The government and policy-makers have formulated a good strategy to support innovation-driven entrepreneurship in the Czech Republic economy. We have several strategic initiatives such as the Innovation Strategy and International Competitiveness Strategy, which reflect the awareness of policy-makers that entrepreneurship is an important driver of our economy. I also agree with the “3i vision” that forwards innovation, infrastructure and institutions as priorities for the enhancement of the competitiveness of the Czech Republic. However, the Czech Republic economy is relatively small, which means it needs to be more aggressive or it risks lagging behind bigger players. Our economic strategy is well enough, but the government needs to speed up its implementation.

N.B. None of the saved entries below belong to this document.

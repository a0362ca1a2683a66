-- ===== src/SomeIssuer/Toast/Seconds.antt =====
-- What the example issuer's toast shows over whole sessions.
use Prim.Native.String.{◌++◌ as str_append}
use concordium_web3id.Common.{
  ℕ, zero, suc, ◌+◌, ◌≡◌, String, true, some, List, [], ◌∷◌, ◌++◌, refl, ap, ◌∙◌, arith, All,
}
use concordium_web3id.SomeIssuer.Issuance.{status_submitted, on_submit, notified}
use concordium_web3id.SomeIssuer.Toast.{
  Toast, initial, is_done, Event, noticed, second_passed, closed, notice, react, react_all, slice,
  dots, scan_url, body, status_toast,
}

-- Seconds pass, and nothing else happens.
abbrev pub waiting : ℕ → List Event
waiting zero = []
waiting (suc n) = second_passed ∷ waiting n

react_all-append :
    (us vs : List Event) (t : Toast) → react_all (us ++ vs) t ≡ react_all vs (react_all us t)
react_all-append [] vs t = refl
react_all-append (u ∷ us) vs t = react_all-append us vs (react u t)

react_all-waiting :
    (n : ℕ) (t : Toast) → react_all (waiting n) t ≡ record t { seconds = n + t.seconds }
unfolding react
react_all-waiting zero t = ground arith
react_all-waiting (suc n) t =
    react_all-waiting n (react second_passed t)
    ∙ ap (λ k. record t { seconds = k }) {x = n + suc t.seconds} (omega arith)

-- The event keeps the toast open.
abbrev pub KeepsOpen : Event → Type 0
KeepsOpen closed = ⊥
KeepsOpen _ = Unit

react_all-show : (vs : List Event) (t : Toast) → All KeepsOpen vs → (react_all vs t).show ≡ t.show
unfolding react notice
react_all-show [] t k = refl
react_all-show (noticed n ∷ vs) t k = react_all-show vs (react (noticed n) t) k.1
react_all-show (second_passed ∷ vs) t k = react_all-show vs (react second_passed t) k.1
react_all-show (closed ∷ vs) t k = absurd k.0

submit-notice :
    (hash : String) (t : Toast)
    → is_done t.tx.transaction_status ≡ true
    → react (noticed (on_submit hash)) t ≡ record t {
      tx = record { transaction = some hash; transaction_status = some status_submitted };
      seconds = 0;
    }
unfolding react notice notified
submit-notice hash t d = rw d refl

status_toast-submitted :
    (network hash : String) (n : ℕ) (t : Toast)
    → t.show ≡ true
    → status_toast network (record t {
      tx = record { transaction = some hash; transaction_status = some status_submitted };
      seconds = n;
    })
      ≡ body
          (scan_url network hash)
          (slice 10 hash)
          (some (str_append "Awaiting finalization: " (dots n)))
unfolding status_toast
status_toast-submitted network hash n t e = rw e refl

-- After a session in which the toast was not closed and no transaction is awaited, n seconds after
-- the next transaction is submitted the toast links to that transaction on the network's explorer
-- under the first ten characters of its hash, and awaits its finalization with n dots: the seconds
-- that passed before do not count.
status_toast-waiting :
    (us : List Event) (network hash : String) (n : ℕ)
    → All KeepsOpen us
    → is_done (react_all us initial).tx.transaction_status ≡ true
    → status_toast network (react_all (us ++ noticed (on_submit hash) ∷ waiting n) initial)
      ≡ body
          (scan_url network hash)
          (slice 10 hash)
          (some (str_append "Awaiting finalization: " (dots n)))
status_toast-waiting us network hash n k d =
    let t = react_all us initial in
    ap (status_toast network) (
      react_all-append us (noticed (on_submit hash) ∷ waiting n) initial
      ∙ ap (react_all (waiting n)) (submit-notice hash t d)
      ∙ react_all-waiting n _
      ∙ ap
          (λ k. record t {
            tx = record { transaction = some hash; transaction_status = some status_submitted };
            seconds = k;
          })
          {x = n + 0} {y = n} (omega arith))
    ∙ status_toast-submitted network hash n t (react_all-show us initial k)
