-- ===== src/SomeIssuer/Discord/Session.antt =====
-- The messages that make the example issuer's page request a credential, over whole sessions.
use concordium_web3id.Common.{
  ℕ, ◌≡◌, String, Bool, true, false, Option, none, some, List, [], ◌∷◌, All, refl, arith, eq_iff,
}
use Prim.Native.String.{◌++◌ as str_append}
use concordium_web3id.SomeIssuer.Issuance.{Request}
use concordium_web3id.SomeIssuer.Discord.{
  Login, Message, open_discord_verification, on_discord_window_message, same_state, from_window,
}

-- The user logs in, or a window sends a message.
pub data Event : Type 0 where
  opened : (state : String) (window : Option ℕ) → Event
  received : Message → Event

unfoldable pub react : Event → Login → Login
react (opened state window) l = open_discord_verification state window l
react (received m) l = l

-- A message kept if it had an effect.
abbrev pub keep : {A : Type 0} → Option A → Message → List Message → List Message
keep none m later = later
keep (some a) m later = m ∷ later

-- The messages that make the page request a credential, in order.
unfoldable pub accepted : (issuer_url : String) → List Event → Login → List Message
accepted url [] l = []
accepted url (opened state window ∷ vs) l = accepted url vs (react (opened state window) l)
accepted url (received m ∷ vs) l =
    keep (on_discord_window_message {T = Unit {0}} url m l) m (accepted url vs l)

-- The logins of a session, by state and window.
abbrev pub logins : List Event → List (String × Option ℕ)
logins [] = []
logins (opened state window ∷ vs) = (state, window) ∷ logins vs
logins (received m ∷ vs) = logins vs

-- Whether a message is the answer to one of the logins, in its window and with its state.
abbrev pub answers : Message → List (String × Option ℕ) → Bool
answers m [] = false
answers m ((state, window) ∷ ls) = elim (from_window window m.source) [
  | true ↦ elim (same_state m.state (some state)) [ true ↦ true | false ↦ answers m ls ]
  | false ↦ answers m ls
]

-- A login is answered by whatever comes from its window with its state.
abbrev pub Covers : List (String × Option ℕ) → String × Option ℕ → Type 0
Covers ls p =
    (m : Message)
    → from_window p.1 m.source ≡ true
    → same_state m.state (some p.0) ≡ true
    → answers m ls ≡ true

cons-Covers :
    (q : String × Option ℕ) (ls xs : List (String × Option ℕ))
    → All (Covers ls) xs
    → All (Covers (q ∷ ls)) xs
cons-Covers q ls [] h = tt
cons-Covers q ls (p ∷ xs) h = (λ m w s. ground (arith, h.0 m w s), cons-Covers q ls xs h.1)

head-Covers : (p : String × Option ℕ) (ls : List (String × Option ℕ)) → Covers (p ∷ ls) p
head-Covers p ls m w s = ground arith

self-Covers : (ls : List (String × Option ℕ)) → All (Covers ls) ls
self-Covers [] = tt
self-Covers (p ∷ ls) = (head-Covers p ls, cons-Covers p ls ls (self-Covers ls))

-- What a message was that made the page request a credential.
pub record IsAnswer (url : String) (ls : List (String × Option ℕ)) (m : Message) : Type 0 where
  pub known : answers m ls ≡ true
  pub own_origin : str_append m.origin "/" ≡ url

abbrev pub Known : List (String × Option ℕ) → Login → Type 0
Known ls l =
    (m : Message)
    → from_window l.oauth_window m.source ≡ true
    → same_state m.state l.oauth2_state ≡ true
    → answers m ls ≡ true

on_discord_window_message-IsAnswer :
    (url : String) (ls : List (String × Option ℕ)) (m : Message) (l : Login)
    {r : Request (Unit {0})}
    → Known ls l
    → on_discord_window_message url m l ≡ some r
    → IsAnswer url ls m
unfolding on_discord_window_message
on_discord_window_message-IsAnswer url ls m l known e = record {
  known = known m (ground arith) (ground arith);
  own_origin = grind (arith, eq_iff (str_append m.origin "/") url);
}

All-keep :
    {A : Type 0} (P : Message → Type 0) (o : Option A) (m : Message) (later : List Message)
    → ((a : A) → o ≡ some a → P m)
    → All P later
    → All P (keep o m later)
All-keep P none m later h rest = rest
All-keep P (some a) m later h rest = (h a refl, rest)

accepted-IsAnswer :
    (url : String) (ls : List (String × Option ℕ)) (vs : List Event) (l : Login)
    → Known ls l
    → All (Covers ls) (logins vs)
    → All (IsAnswer url ls) (accepted url vs l)
unfolding accepted react open_discord_verification
accepted-IsAnswer url ls [] l known h = tt
accepted-IsAnswer url ls (opened state window ∷ vs) l known h =
    accepted-IsAnswer url ls vs (record { oauth2_state = some state; oauth_window = window }) h.0
      h.1
accepted-IsAnswer url ls (received m ∷ vs) l known h =
    All-keep (IsAnswer url ls) (on_discord_window_message url m l) m (accepted url vs l)
      (λ r taken. on_discord_window_message-IsAnswer url ls m l known taken)
      (accepted-IsAnswer url ls vs l known h)

-- In every session, each message that makes the page request a credential comes from the issuer's
-- own origin, from the window of a login that the user started in this session, and carries the
-- state that this login was given.
pub accepted_safe :
    (url : String) (vs : List Event)
    → All
        (IsAnswer url (logins vs))
        (accepted url vs (record { oauth2_state = none; oauth_window = none }))
accepted_safe url vs =
    accepted-IsAnswer url (logins vs) vs (record { oauth2_state = none; oauth_window = none })
      (λ m w s. cc) (self-Covers (logins vs))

We need to be more aggressive with exports, attract foreign investment, develop and train a flexible workforce, educate more engineers, and of course focus on innovation, infrastructure and quality of institutions. Part of creating innovation-driven entrepreneurship in the Czech Republic is also promoting strategic and long-term partnerships between companies and research institutions, and between the private and public sector. This is also a point mentioned by Bohuslav Sobotka, Prime Minister of the Czech Republic, in the WEF report. We need to keep in mind that big companies have already mastered the art and science of ‘Scaling up’ and can take a proactive role in sharing best practices and in raising SMEs through the ranks.

I was very proud to be part of the Project Advisory Committee in producing this report, as I believe the analysis and the recommendations made will help unlock European Entrepreneurship Spirit. You can read all recommendations by downloading the entire report on WEF website.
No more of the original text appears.